Went yesterday evening for the first time. Found some fresh hog sign. Had turkeys roost around me at 7pm and they were making a lot of noise. I plan to go back next week. Hunting BFG Saturday morning.


----------



## gma1320 (Oct 2, 2013)

Place is covered up with hogs. I've found all the deer away from them though. This is the first year I've hunted there so I used turkey season for scouting. Good luck at bfg, I saw a giant 8 pointer over there scouting a few weeks ago


----------



## mbentle2 (Oct 8, 2013)

Went again yesterday evening, was only my second time hunting it. Ain't seen nothing yet. Plan to go back Saturday. The acorns are dropping well now.
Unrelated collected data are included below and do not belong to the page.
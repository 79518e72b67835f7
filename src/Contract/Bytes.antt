-- ===== src/Contract/Bytes.antt =====
-- Byte strings, and a map keyed by them.
use nexus_hub_contract.Prelude.{
  ℕ, ◌≡◌, ◌≢◌, refl, Bool, true, false, ◌&&◌, Option, none, some, List, [], ◌∷◌, arith, nat_eq, ite,
  if◌then◌else◌,
}
use mathlib.Core.Bool.{Bool-discrete}
use mathlib.Core.Logic.{dite}

abbrev pub Bytes : Type 0
Bytes = List ℕ

abbrev pub bytes_eq : Bytes → Bytes → Bool
bytes_eq [] [] = true
bytes_eq [] (y ∷ ys) = false
bytes_eq (x ∷ xs) [] = false
bytes_eq (x ∷ xs) (y ∷ ys) = nat_eq x y && bytes_eq xs ys

pub eq_of_bytes_eq : (a b : Bytes) → bytes_eq a b ≡ true → a ≡ b
eq_of_bytes_eq [] [] h = refl
eq_of_bytes_eq [] (y ∷ ys) h = cc
eq_of_bytes_eq (x ∷ xs) [] h = cc
eq_of_bytes_eq (x ∷ xs) (y ∷ ys) h = ground (arith, eq_of_bytes_eq xs ys)

bytes_eq_refl : (a : Bytes) → bytes_eq a a ≡ true
bytes_eq_refl [] = refl
bytes_eq_refl (x ∷ xs) = ground (arith, bytes_eq_refl xs)

pub ne_of_bytes_eq : (a b : Bytes) → bytes_eq a b ≢ true → a ≢ b
ne_of_bytes_eq a b h p = h (rw p (bytes_eq_refl b))

unfoldable pub Bytes-discrete : Discrete Bytes
Bytes-discrete a b =
    dite (Bool-discrete (bytes_eq a b) true) (λ same. yes (eq_of_bytes_eq a b same))
      (λ differ. no (ne_of_bytes_eq a b differ))

abbrev pub same_bytes : Bytes → Bytes → Bool
same_bytes a b = ite (Bytes-discrete a b) true false

module _ {ℓ} {V : Type ℓ} where
  abbrev pub lookup : Bytes → List (Bytes × V) → Option V
  lookup k [] = none
  lookup k ((j, v) ∷ m) = if same_bytes j k then some v else lookup k m

  abbrev pub insert : Bytes → V → List (Bytes × V) → List (Bytes × V)
  insert k v [] = (k, v) ∷ []
  insert k v ((j, w) ∷ m) = if same_bytes j k then (k, v) ∷ m else (j, w) ∷ insert k v m

  pub lookup-insert_self :
      (k : Bytes) (v : V) (m : List (Bytes × V)) → lookup k (insert k v m) ≡ some v
  lookup-insert_self k v [] = ground arith
  lookup-insert_self k v (e ∷ m) = ground (arith, lookup-insert_self k v m)

  pub lookup-insert_ne :
      (j k : Bytes) (v : V) (m : List (Bytes × V)) → j ≢ k → lookup j (insert k v m) ≡ lookup j m
  lookup-insert_ne j k v [] h = ground arith
  lookup-insert_ne j k v (e ∷ m) h = ground (arith, lookup-insert_ne j k v m h)

  pub insert_twice :
      (k : Bytes) (v w : V) (m : List (Bytes × V)) → insert k w (insert k v m) ≡ insert k w m
  insert_twice k v w [] = ground arith
  insert_twice k v w (e ∷ m) = ground (arith, insert_twice k v w m)
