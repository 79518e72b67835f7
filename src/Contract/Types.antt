-- ===== src/Contract/Types.antt =====
-- types.rs, errors.rs and the events of events.rs.
use nexus_hub_contract.Prelude.{ℕ, String, Bool, nat_eq}
use nexus_hub_contract.Prelude.Int.{ℤ}
use nexus_hub_contract.Contract.Bytes.{Bytes}

abbrev pub Address : Type 0
Address = String

pub data EscrowError : Type 0 where
  unauthorized escrow_not_found invalid_status transfer_failed invalid_amount : EscrowError
  already_exists dispute_not_ready fee_too_high milestone_hash_mismatch : EscrowError
  contract_paused invalid_milestone all_milestones_complete escrow_not_expired : EscrowError
  invalid_expiry invalid_delay : EscrowError

pub data EscrowStatus : Type 0 where
  pending funded active disputed released refunded cancelled : EscrowStatus

-- The discriminants.
abbrev pub status_index : EscrowStatus → ℕ
status_index EscrowStatus.pending = 0
status_index EscrowStatus.funded = 1
status_index EscrowStatus.active = 2
status_index EscrowStatus.disputed = 3
status_index EscrowStatus.released = 4
status_index EscrowStatus.refunded = 5
status_index EscrowStatus.cancelled = 6

-- `a == b`
abbrev pub is_status : EscrowStatus → EscrowStatus → Bool
is_status a b = nat_eq (status_index a) (status_index b)

pub record EscrowRecord : Type 0 where
  pub escrow_id : Bytes
  pub client : Address
  pub freelancer : Address
  pub admin : Address
  pub token : Address
  pub amount : ℤ
  pub platform_fee : ℤ
  pub status : EscrowStatus
  pub milestone_hash : Bytes
  pub dispute_deadline_ledger : ℕ
  pub funded_ledger : ℕ
  pub milestones_total : ℕ
  pub milestones_completed : ℕ
  pub expiry_ledger : ℕ
  pub client_approved : Bool
  pub freelancer_approved : Bool
  pub description : String

pub data Event : Type 0 where
  initialized : (escrow_id : Bytes) (client freelancer : Address) (amount : ℤ) → Event
  funded : (escrow_id : Bytes) (client : Address) (amount : ℤ) (ledger : ℕ) → Event
  activated : (escrow_id : Bytes) (ledger : ℕ) → Event
  released : (escrow_id : Bytes) (freelancer : Address) (amount fee : ℤ) → Event
  refunded : (escrow_id : Bytes) (client : Address) (amount : ℤ) → Event
  disputed : (escrow_id : Bytes) (raised_by : Address) → Event
  dispute_resolved : (escrow_id : Bytes) (in_favour_of : Address) → Event
  cancelled : (escrow_id : Bytes) → Event
  milestone_completed : (escrow_id : Bytes) (completed total : ℕ) → Event
  admin_transferred : (old_admin new_admin : Address) → Event
  approval_recorded :
      (escrow_id : Bytes) (approver : Address) (client_approved freelancer_approved : Bool) → Event
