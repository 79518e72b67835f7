-- ===== src/Contract/Host.antt =====
-- What the contract asks of its host, soroban_sdk, and a call as an action: it returns with a new
-- machine, or it fails with an error of the contract, or it panics, and the host then undoes it.
use nexus_hub_contract.Prelude.{
  ℕ, ◌≡◌, ◌≢◌, refl, ◌⊎◌, inl, inr, Bool, true, false, Option, none, some, List, ◌∷◌, ⊤, ◌==◌, ◌&&◌,
  if◌then◌else◌,
}
use nexus_hub_contract.Prelude.Int.{ℤ, pos, ◌+ℤ◌, ◌-ℤ◌, ◌≤ℤ◌}
use nexus_hub_contract.Contract.Bytes.{Bytes}
use nexus_hub_contract.Contract.Types.{Address, EscrowError, EscrowRecord, Event}

-- One invocation: the ledger's number, the contract's own address, and who has signed for it.
pub record Env : Type 0 where
  pub sequence : ℕ
  pub current_contract_address : Address
  pub authorizes : Address → Bool

-- The token contracts, by their addresses. A transfer that panics gives `none`.
pub record Tokens : Type 1 where
  pub Ledger : Type 0
  pub balance : Ledger → (token holder : Address) → ℤ
  pub transfer : Env → (token from to : Address) → ℤ → Ledger → Option Ledger

-- What is debited from, or credited to, a holder of a token by a transfer.
abbrev pub share : (token' holder' token holder : Address) → ℤ → ℤ
share token' holder' token holder amount =
    if token' == token && holder' == holder then amount else pos 0

-- A transfer moves the amount, and nothing else.
pub record IsLedger (t : Tokens) : Type 0 where
  pub transfer-moves :
      (env : Env) (token from to : Address) (amount : ℤ) (l : t.Ledger) {l' : t.Ledger}
      (token' holder : Address)
      → t.transfer env token from to amount l ≡ some l'
      → t.balance l' token' holder
        ≡ t.balance l token' holder
          -ℤ share token' holder token from amount
          +ℤ share token' holder token to amount

-- A contract can send what it has to a holder that takes it: who has a trust line, for one.
pub record IsPaying (t : Tokens) : Type 1 where
  pub Takes : t.Ledger → (token holder : Address) → ℤ → Type 0
  pub transfer-pays :
      (env : Env) (token to : Address) (amount : ℤ) (l : t.Ledger)
      → Takes l token to amount
      → pos 0 ≤ℤ amount
      → amount ≤ℤ t.balance l token env.current_contract_address
      → (l' : t.Ledger) × (t.transfer env token env.current_contract_address to amount l ≡ some l')

module _ (t : Tokens) where
  -- The contract's persistent storage, the tokens, and the events, the latest first.
  pub record Machine : Type 0 where
    pub admin : Option Address
    pub fee_bps : Option ℕ
    pub paused : Option Bool
    pub escrows : List (Bytes × EscrowRecord)
    pub tokens : t.Ledger
    pub events : List Event

  pub data Outcome (A : Type 0) : Type 0 where
    returned : A → Machine → Outcome A
    failed : EscrowError → Outcome A
    panicked : Outcome A

  abbrev pub Action : Type 0 → Type 0
  Action A = Machine → Outcome A

module _ {t : Tokens} where
  -- A call returns, or does not.
  pub Outcome-cases :
      {A : Type 0} (o : Outcome t A)
      → ((a : A) × (v : Machine t) × (o ≡ returned a v))
        ⊎ ((a : A) (v : Machine t) → o ≢ returned a v)
  Outcome-cases (returned a v) = inl (a, v, refl)
  Outcome-cases (failed e) = inr (λ a v. cc)
  Outcome-cases panicked = inr (λ a v. cc)

  infixl 5 ◌>>=◌ ◌>>◌
  abbrev pub ◌>>=◌ : {A B : Type 0} → Action t A → (A → Action t B) → Action t B
  ◌>>=◌ m f s = elim (m s) [ returned a v ↦ f a v | failed e ↦ failed e | panicked ↦ panicked ]

  abbrev pub ◌>>◌ : {A B : Type 0} → Action t A → Action t B → Action t B
  m >> k = m >>= λ _. k

  abbrev pub pure : {A : Type 0} → A → Action t A
  pure a s = returned a s

  abbrev pub get : {A : Type 0} → (Machine t → A) → Action t A
  get f s = returned (f s) s

  abbrev pub modify : (Machine t → Machine t) → Action t ⊤
  modify f s = returned tt (f s)

  -- `if test { return Err(e); }`
  abbrev pub fail_if : Bool → EscrowError → Action t ⊤
  fail_if true e s = failed e
  fail_if false e s = returned tt s

  -- `ok_or(e)`
  abbrev pub ok_or : {A : Type 0} → Option A → EscrowError → Action t A
  ok_or none e s = failed e
  ok_or (some a) e s = returned a s

  -- The value of an operation with overflow checks.
  abbrev pub checked : {A : Type 0} → Option A → Action t A
  checked none s = panicked
  checked (some a) s = returned a s

  abbrev pub when : Bool → Action t ⊤ → Action t ⊤
  when true m = m
  when false m = pure tt

  abbrev pub panic_unless : Bool → Action t ⊤
  panic_unless true s = returned tt s
  panic_unless false s = panicked

  abbrev pub require_auth : Env → Address → Action t ⊤
  require_auth env address = panic_unless (env.authorizes address)

  abbrev pub emit : Event → Action t ⊤
  emit e = modify λ s. record s { events = e ∷ s.events }

  abbrev pub transfer_token : Env → (token from to : Address) → ℤ → Action t ⊤
  transfer_token env token from to amount s = elim (t.transfer env token from to amount s.tokens) [
    | none ↦ panicked
    | some l ↦ returned tt (record s { tokens = l })
  ]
How y'all been doing?


----------



## gma1320 (Oct 8, 2013)

Hunted last weekend at oconee. Found fresh rub but didn't see the first deer. First time I've been I haven't seen one or at least spooked one goin in. You takin a bow or smokepole Saturday?


----------



## mbentle2 (Oct 8, 2013)

Gonna take my bow and try another spot. Really just learning the place this year.


----------



## Makeithappen01 (Oct 8, 2013)

I got a nice 8 from there a few years back the first time I had ever been.Some nice bucks down there.


----------



## gma1320 (Oct 13, 2013)

Hunted over there Friday mornin and seen seven on a hardwood point eatin acorns at first light but never got any close enough for a shot. Went back Friday evening to the same spot and didn't see a thing. They are hittin the acorns hard right now. Also found a few muscadines left in places.


----------